Logs in the Unix World

Logs in the Unix World - Servers Administration, Networking, & Virtualization

Users browsing this thread:

	venam Offline \| 16-02-2021, 04:21 PM \| #4

I wrote a transcript for this. It's a very old episode, not very deep and badly researched but still interesting.
Especially, that it's the subject of the day on IRC because members are working on related projects (freem, mort).

The transcript is clearer than the actual recording.

# Logs in the Unix World

What are logs and what do we do with them.

Logs are like the pieces of bread left on the road in the Hansel and
Gretle story. They could lead you to the witch or to save your brother.
Logs are used to record activities from your programs, and those can be
use for analysis, troubleshooting, debugging, checking for inappropriate
activities, etc..

What should we log, where should we store those logs, and how should we
store those logs? As in what format should we store them in.

Let's start with software based logs. Logs that are specific to a
single software. The developers took the leisure to do their own logging
system,to store the logs in a location of their choice, and in a format
they conceived.
We can't really discuss these types of logs as the subject is very broad
and the developers can do absolutely whatever they want. Print on screen,
or on files, format could be binary or textual, using a third party
software to access them, different levels of debugging with different
meanings.
Whatever goes. You're free to do whatever you want.

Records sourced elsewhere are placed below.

-- ===== src/Basic/Safe.antt =====
-- src/basic/safe.rs: the cache of src/basic/lru.rs behind a mutex. A panic in a critical section
-- poisons the mutex, and `lock().unwrap()` panics on a poisoned one. An `Arc` of a value is that
-- value.
pub mod Concurrent
pub mod Recency
use test_thread_safe_lru_cac.Base.{ℕ, Bool, true, false, Option, none, some, if◌then◌else◌, ◌>>=◌}
use test_thread_safe_lru_cac.Basic.Lru

pub record ThreadSafeLru (K V : Type 0) : Type 0 where
  pub lru : Lru.Lru K V
  pub poisoned : Bool

module _ {K V : Type 0} where
  unfoldable pub new : ℕ → Option (ThreadSafeLru K V)
  new cap = do lru ← Lru.new cap; some (record { lru = lru; poisoned = false })

  -- The guard is dropped after the critical section, or by a panic in it.
  abbrev pub unlock {ℓ} :
      {A : Type ℓ} → ThreadSafeLru K V → Option (Lru.Lru K V × A) → ThreadSafeLru K V × Option A
  unlock c none = (record c { poisoned = true }, none)
  unlock c (some (lru, a)) = (record c { lru = lru }, some a)

  -- `self.lru.lock().unwrap()` and the critical section after it. The second component is what the
  -- caller gets, and `none` if it panics.
  unfoldable pub locked {ℓ} :
      {A : Type ℓ}
      → ThreadSafeLru K V
      → (Lru.Lru K V → Option (Lru.Lru K V × A))
      → ThreadSafeLru K V × Option A
  locked c section = if c.poisoned then (c, none) else unlock c (section c.lru)

  unfoldable pub len : ThreadSafeLru K V → ThreadSafeLru K V × Option ℕ
  len c = locked c (λ lru. do n ← Lru.size lru; some (lru, n))

  unfoldable pub is_empty : ThreadSafeLru K V → ThreadSafeLru K V × Option Bool
  is_empty c = locked c (λ lru. some (lru, Lru.is_empty lru))

module _ {K V : Type 0} (dec : Discrete K) where
  unfoldable pub push : ℕ → ThreadSafeLru K V → K → V → ThreadSafeLru K V × Option {0} Unit
  push fresh c k v = locked c (λ lru. do lru ← Lru.push dec fresh lru k v; some (lru, tt))

  unfoldable pub get : ThreadSafeLru K V → K → ThreadSafeLru K V × Option (Option V)
  get c key = locked c (λ lru. Lru.get dec lru key)

-- What a thread that calls a method goes on with: a panic of the call ends it.
abbrev pub answered {ℓ} : {S : Type 0} {A : Type ℓ} → S × Option A → Option (S × A)
answered (c, none) = none
answered (c, some a) = some (c, a)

Let's discuss instead system based logs. They are more widely used and
more important than software based logs.
Unix is known for its flexible and powerful logging system. It enables
you to record almost anything and to manipulate it to retrieve the info
you require.

In a system based log you have a centralized system that gathers those
logs. It could mean that all the logs go to a single place and that they
are easy to search and analyze. However, as we'll see, it's not really
that accurate.
It's true that it's going to one direction, one system, but not that the
logs themselves, as files, will end up in one location. We still refer
to this as system based logs.
The typical location the logs end up in is `/var/log` but as we're going
to see later on it could be any other place. The problem, the hick with
that is that it is only useful if all the logs are in text format. Making
them searchable with simple text manipulation tools
When in one single place you can `grep` them use `awk`, `sed`, `cut`,
etc..

If they aren't in a single place it's going to be harder to do these things.

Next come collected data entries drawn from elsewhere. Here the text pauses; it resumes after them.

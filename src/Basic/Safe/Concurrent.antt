-- ===== src/Basic/Safe/Concurrent.antt =====
-- The cache of src/basic/safe.rs under concurrent calls: every call is one critical section, so an
-- execution of several threads is a sequence of whole calls, in the order of their locks.
use test_thread_safe_lru_cac.Base.{
  ℕ, ◌≡◌, ◌<◌, refl, Bool, false, Option, none, some, List, [], ◌∷◌, ◌==◌, length, same_result, ◌≤◌,
  arith,
}
use test_thread_safe_lru_cac.Assoc
use test_thread_safe_lru_cac.Spec.{lru_get, lru_push}
use test_thread_safe_lru_cac.Basic.Lru
use test_thread_safe_lru_cac.Basic.Lru.Refine.{IsCacheOf}
use test_thread_safe_lru_cac.Basic.Lru.Methods.{
  new-IsCacheOf, push-IsCacheOf, get-IsCacheOf, size-IsCacheOf,
}
use test_thread_safe_lru_cac.Basic.Safe.{
  ThreadSafeLru, new, locked, push, get, len, is_empty, answered,
}

pub answered-some :
    {S A : Type 0} {a : A} (r : S × Option A) → r.1 ≡ some a → answered r ≡ some (r.0, a)
answered-some (c, none) e = absurd (ground arith)
answered-some (c, some b) e = ground arith

-- A call and what its caller got, `none` for a panic.
pub data Call (K V : Type 0) : Type 0 where
  call_push : K → V → Option {0} Unit → Call K V
  call_get : K → Option (Option V) → Call K V
  call_len : Option ℕ → Call K V
  call_is_empty : Option Bool → Call K V

-- A call of some thread. The allocator gives a push any address that no live box has.
pub data Step {K V : Type 0} (dec : Discrete K) (s : ThreadSafeLru K V)
    : Call K V → ThreadSafeLru K V → Type 0 where
  step_push :
      (fresh : ℕ) (k : K) (v : V)
      → s.lru.dll.cells fresh ≡ none
      → Step dec s (call_push k v (push dec fresh s k v).1) (push dec fresh s k v).0
  step_get : (k : K) → Step dec s (call_get k (get dec s k).1) (get dec s k).0
  step_len : Step dec s (call_len (len s).1) (len s).0
  step_is_empty : Step dec s (call_is_empty (is_empty s).1) (is_empty s).0

-- The executions from the constructor, with the calls in reverse.
pub data Reach {K V : Type 0} (dec : Discrete K) (cap : ℕ)
    : List (Call K V) → ThreadSafeLru K V → Type 0 where
  start : {s : ThreadSafeLru K V} → new cap ≡ some s → Reach dec cap [] s
  later :
      {past : List (Call K V)} {s t : ThreadSafeLru K V} {call : Call K V}
      → Reach dec cap past s
      → Step dec s call t
      → Reach dec cap (call ∷ past) t

module _ {K V : Type 0} (dec : Discrete K) (cap : ℕ) where
  -- The entries that the calls leave, most recently used first.
  abbrev pub entries_after : List (Call K V) → List (K × V)
  entries_after [] = []
  entries_after (call_push k v o ∷ past) = lru_push dec cap k v (entries_after past)
  entries_after (call_get k o ∷ past) = lru_get dec k (entries_after past)
  entries_after (call_len o ∷ past) = entries_after past
  entries_after (call_is_empty o ∷ past) = entries_after past

  -- What a caller should get, after the calls before.
  abbrev pub IsAnswer : Call K V → List (K × V) → Type 0
  IsAnswer (call_push k v o) l = o ≡ some tt
  IsAnswer (call_get k o) l = o ≡ some (Assoc.get dec k l)
  IsAnswer (call_len o) l = (o ≡ some (length l)) × (length l ≤ cap)
  IsAnswer (call_is_empty o) l = o ≡ some (0 == length l)

  abbrev pub IsExplained : List (Call K V) → Type 0
  IsExplained [] = Unit
  IsExplained (call ∷ past) = IsAnswer call (entries_after past) × IsExplained past

  -- An unpoisoned mutex around a cache that stands for the entries.
  pub record IsGuardOf (s : ThreadSafeLru K V) (l : List (K × V)) : Type 0 where
    pub inside : IsCacheOf dec cap s.lru l
    pub sound : s.poisoned ≡ false

  locked-IsGuardOf :
      {A : Type 0} {s : ThreadSafeLru K V} {l l' : List (K × V)} {a : A}
      (section : Lru.Lru K V → Option (Lru.Lru K V × A))
      → IsGuardOf s l
      → (c' : Lru.Lru K V) × (section s.lru ≡ some (c', a)) × IsCacheOf dec cap c' l'
      → IsGuardOf (locked s section).0 l' × ((locked s section).1 ≡ some a)
  unfolding locked
  locked-IsGuardOf section g (c', e, r) =
      rw (g.sound, e) (record { inside = r; sound = refl }, refl)

  -- A push on an unpoisoned mutex, and a read.
  pub push-IsGuardOf :
      {s : ThreadSafeLru K V} {l : List (K × V)} (fresh : ℕ) (k : K) (v : V)
      → s.lru.dll.cells fresh ≡ none
      → IsGuardOf s l
      → IsGuardOf (push dec fresh s k v).0 (lru_push dec cap k v l)
        × ((push dec fresh s k v).1 ≡ some tt)
  unfolding push
  push-IsGuardOf fresh k v vacant g =
      let (c', e, r) = push-IsCacheOf dec cap fresh k v g.inside vacant in
      locked-IsGuardOf _ g (c', rw e refl, r)

  pub get-IsGuardOf :
      {s : ThreadSafeLru K V} {l : List (K × V)} (k : K)
      → IsGuardOf s l
      → IsGuardOf (get dec s k).0 (lru_get dec k l) × ((get dec s k).1 ≡ some (Assoc.get dec k l))
  unfolding get
  get-IsGuardOf k g = locked-IsGuardOf _ g (get-IsCacheOf dec cap k g.inside)

  pub len-IsGuardOf :
      {s : ThreadSafeLru K V} {l : List (K × V)}
      → IsGuardOf s l
      → IsGuardOf (len s).0 l × ((len s).1 ≡ some (length l)) × (length l ≤ cap)
  unfolding len
  len-IsGuardOf {s} g =
      let (e, _, b) = size-IsCacheOf dec cap g.inside in
      let (g', a) = locked-IsGuardOf _ g (s.lru, rw e refl, g.inside) in (g', a, b)

  Step-IsGuardOf :
      {s t : ThreadSafeLru K V} {call : Call K V} (past : List (Call K V))
      → Step dec s call t
      → IsGuardOf s (entries_after past)
      → IsGuardOf t (entries_after (call ∷ past)) × IsAnswer call (entries_after past)
  unfolding is_empty
  Step-IsGuardOf _ (step_push fresh k v vacant) g = push-IsGuardOf fresh k v vacant g
  Step-IsGuardOf _ (step_get k) g = get-IsGuardOf k g
  Step-IsGuardOf _ step_len g = let (g', a, b) = len-IsGuardOf g in (g', (a, b))
  Step-IsGuardOf {s} _ step_is_empty g =
      let (_, e, _) = size-IsCacheOf dec cap g.inside in
      locked-IsGuardOf _ g (s.lru, rw e refl, g.inside)

  -- In every sequence of critical sections of a new mutex cache of positive capacity, where each
  -- new box gets an address that no live box has, no caller panics or uses a dead box, the mutex is
  -- never poisoned, and every caller gets what the LRU specification says.
  pub Reach-IsGuardOf :
      {past : List (Call K V)} {s : ThreadSafeLru K V}
      → 0 < cap
      → Reach dec cap past s
      → IsGuardOf s (entries_after past) × IsExplained past
  unfolding new
  Reach-IsGuardOf h (start e) =
      let (c, e', r) = new-IsCacheOf dec cap h in
      (
        same_result (λ s. IsGuardOf s [])
            (record { lru = c; poisoned = false }, rw e' refl, record { inside = r; sound = refl })
            e,
        tt,
      )
  Reach-IsGuardOf h (later {past} reach step) =
      let (g, x) = Reach-IsGuardOf h reach in
      let (g', a) = Step-IsGuardOf past step g in (g', (a, x))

Having logs centralized in a binary format will make them useless for
the manipulation part. Multiple binary logs file in one location is
meaningless.

When the logs are centralized they can be kept on a remote disk as one
big chunk. Let's say a partition `/log` that is separated on another
device. Thus, it's easier to replicate, backup, and we can avoid the
loss of information.
This decoupling also allows to debug things if the main server goes down
as the logs will still be accessible. This is useful in critical situations.

In the Unix world the main implementation of the centralized log system
is called syslog. It provides general purpose logging. You send info to
syslog and it logs it.

There are two views of centralization. It could mean that a single system
takes all the messages and logs, or it could mean that all the logs file
are in the same location.

syslog is the de-facto standard, because everyone agrees to use it. There
are no specifications, just the basics RFC by the ietf, so different
implementations are known.
Like anything in the open source world, everyone comes up with their own
brand. Note that the internet engineer task force made the RFC for syslog.

rsyslog is the main implementation, a lightweight daemon installed on
most common unix-like distributions. A few systems that have it: fedora
(was using it switched to journald), open suse, debian(journald), ubuntu
(journald), redhat(journald), solaris, gentoo, archlinux (switched
to journald).
Most have deprecated rsyslog in favor of journald.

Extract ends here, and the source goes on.